Par Max Dorismond
Ils étaient les trois
mousquetaires de la plume, une trilogie d’étoiles accrochées au frontispice de l’amphithéâtre
littéraire qu’est Jérémie,
la ville qui avait bercé leur enfance avec des hymnes à la beauté et la mélodie
des choses. Quand, dans leur jeunesse, le
noir linceul recouvrait le pays de deuils, ils avaient pris leur courage à
deux mains pour braver l’hydre aux cent têtes. Des rêves pleins le chapeau, Claude
Pierre, Serge
Legagneur, et Jean-Claude Fignolé se voyaient déjà en rédempteurs des âmes
et des consciences pour remettre cette île à l’endroit et contribuer à
l’édification d’une société égalitaire. De déception en déception, leur
existence ne fut que luttes et désespoirs. En empruntant aux mots leurs secrets
et leur puissance, ils ont tout tenté pour annihiler les effets du poison de la
méchanceté humaine, pour convaincre les paumés et les orienter vers un brin
d’humanité. Des poèmes, des romans, des nouvelles, du théâtre…tout a été essayé
pour pacifier les cœurs et renverser l’ordre des choses. Malheureusement, le
pays a vogué de drames en drames pour se ramasser avec des pleurs et des
cauchemars à damner les plus endurcis.
Voilà maintenant le
trio sur le chemin du ciel. Avec un rictus au coin des lèvres, ils vont faire
rapport au Bon Dieu, tout en sachant déjà que la récolte ne fut pas abondante.

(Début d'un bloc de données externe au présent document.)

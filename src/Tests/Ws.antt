-- ===== src/Tests/Ws.antt =====
-- The WebSocket client on short runs.
use workflowui.Base.{
  All, Memᴰ, is_some, if◌then◌else◌, ◌+◌, ℕ, ◌≡◌, refl, true, false, none, some, List, [], ◌∷◌,
  length,
}
use workflowui.Ws.{
  subscribes, connections, tell_connection, connect_resolved, is_connected, default_call_timeout_ms,
  MessageId, Parsed, Outcome, Client, Event, init, run, step, connects, opened, closed, receives,
  calls, expires, disconnects, closed_error, on_close, on_timer, handle_message, call, on_open,
  connect, disconnect,
}
use workflowui.Ws.Settles.{IsSound, run-IsSound}
use workflowui.Ws.Replaced.{on_close_replaced}
use workflowui.Ws.Halted.{IsHalted, disconnect_halts}

-- three calls: the first is answered, the second times out, and the third is cut off
abbrev script : List (Event ℕ)
script =
    connects false 0
    ∷ opened 0
    ∷ calls "a" none default_call_timeout_ms
    ∷ calls "b" none default_call_timeout_ms
    ∷ calls "c" none 0
    ∷ receives (
        Parsed.response (record {
          id = MessageId.number 1;
          method = none;
          result = some 7;
          params = none;
          error = none;
        }))
    ∷ expires 1 false 0
    ∷ closed 0 0
    ∷ []

script_settles :
    (run script init).settlements
    ≡ (3, Outcome.rejected closed_error)
      ∷ (2, Outcome.timed_out 30000 "b")
      ∷ (1, Outcome.resolved (some 7))
      ∷ []
unfolding run step on_close on_timer handle_message call on_open
script_settles = refl

run-IsSound_example : IsSound (run script init)
run-IsSound_example = run-IsSound script

-- a subscriber is told its first state at once, then of the opening
abbrev pub subscribed : Client ℕ
subscribed = run (subscribes connections 4 ∷ connects false 0 ∷ opened 0 ∷ []) init

subscribed_outputs :
    subscribed.outputs ≡ tell_connection 4 false ∷ tell_connection 4 true ∷ connect_resolved 0 ∷ []
unfolding run step connect on_open
subscribed_outputs = refl

pub subscribed_connected : is_connected subscribed ≡ true
unfolding run step connect on_open is_connected
subscribed_connected = refl

-- stopped and started again: the old socket closes when the new one is open and has a call
abbrev restarted : Client ℕ
restarted =
    run
      (connects false 0
        ∷ opened 0
        ∷ disconnects
        ∷ connects false 0
        ∷ opened 1
        ∷ calls "a" none 0
        ∷ [])
      init

restarted_pending : length restarted.pending ≡ 1
unfolding run step call connect on_open disconnect
restarted_pending = refl

restarted_ws : restarted.ws ≡ some 1
unfolding run step call connect on_open disconnect
restarted_ws = refl

on_close_replaced_example :
    let d = on_close 0 0 restarted in
    (d.pending ≡ [])
    × All (λ p. Memᴰ (p.id, Outcome.rejected closed_error) d.settlements) restarted.pending
    × (length d.settlements ≡ length restarted.settlements + length restarted.pending)
    × (d.connected ≡ false)
    × (d.ws ≡ restarted.ws)
    × (d.reconnect_timer ≡ (
        if restarted.stopped
        then restarted.reconnect_timer
        else if is_some restarted.reconnect_timer
        then restarted.reconnect_timer
        else some restarted.next_handle))
on_close_replaced_example = on_close_replaced 0 0 restarted

abbrev afterwards : List (Event ℕ)
afterwards = closed 0 5 ∷ opened 0 ∷ calls "late" none 10 ∷ expires 0 true 3 ∷ []

disconnect_halts_example :
    IsHalted (run script init).next_socket (run afterwards (disconnect (run script init)))
disconnect_halts_example = disconnect_halts script afterwards (tt, (tt, (tt, (tt, tt))))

Ils ont tout donné, tout tenté, mais le destin l’a voulu autrement. Sous leurs
yeux, s’est produit l’effacement systématique de familles
entières, des
amis, des
copains. Ils ont été spectateurs involontaires de la descente aux enfers de
la nation. Acteurs impuissants, témoins de la déchéance collective, leur dialectique
ne pouvait renverser l’ordre établi. La force du verbe ne pouvait rivaliser
avec les armes de guerre, avec les insinuations malveillantes, les regards
inquisiteurs, la haine débridée et la terreur innommable qui alimentaient le
quotidien. Le peuple à genoux criait famine. La face de la misère était indescriptible.
Dans leurs œuvres, à
tous les trois, on détecte une poésie aux accents prophétiques, une sorte
d’érotisme mystique, une source inépuisable de consolation à pouvoir de rêves.
Avec intelligence et sensibilité, ils s’adressent souvent aux fossoyeurs de
pays sous couvert de poètes sans illusion de l’espoir. Hélas ! Tout a filé comme le sable entre
leurs doigts. Leurs vis-à-vis n’avaient aucun sens de la vie. Ils se foutaient
de l’existence de leurs semblables. C’était des humanoïdes.
Les voilà aujourd’hui
de l’autre côté du miroir. Ils sont partis, pour répéter Jacques Brel,
« handicapés de leurs rêves non exaucés ». Claude, Serge et
Jean-Claude, ne vous en faites point. Arriver au bout du voyage sans la
satisfaction du devoir accompli est vraiment rageant. Ce fut une mission
impossible. Partez sans nul souci. Le ciel est indulgent. Les desseins de Dieu
sont impénétrables. Pour la première fois, nous allons vivre nos chagrins sans
vous. Tel est notre destin. La cité
entière vous salue en choeur et joint sa voix à celle de Regnor C. Bernard, de
regrettée mémoire, votre confrère jérémien, dans le poème « Altitude »
pour vous dire, à chacun :
Cherche la donc enfin
la route du soleil.
Et grandis ta
souffrance à l’orgueil de ton rôle.
Nègre, l’horizon est
immense qui t’appelle et te sollicite.
Elève-toi,
élève-toi !
Et cueille toutes les
étoiles qui fleurissent le champ bleu de la nuit.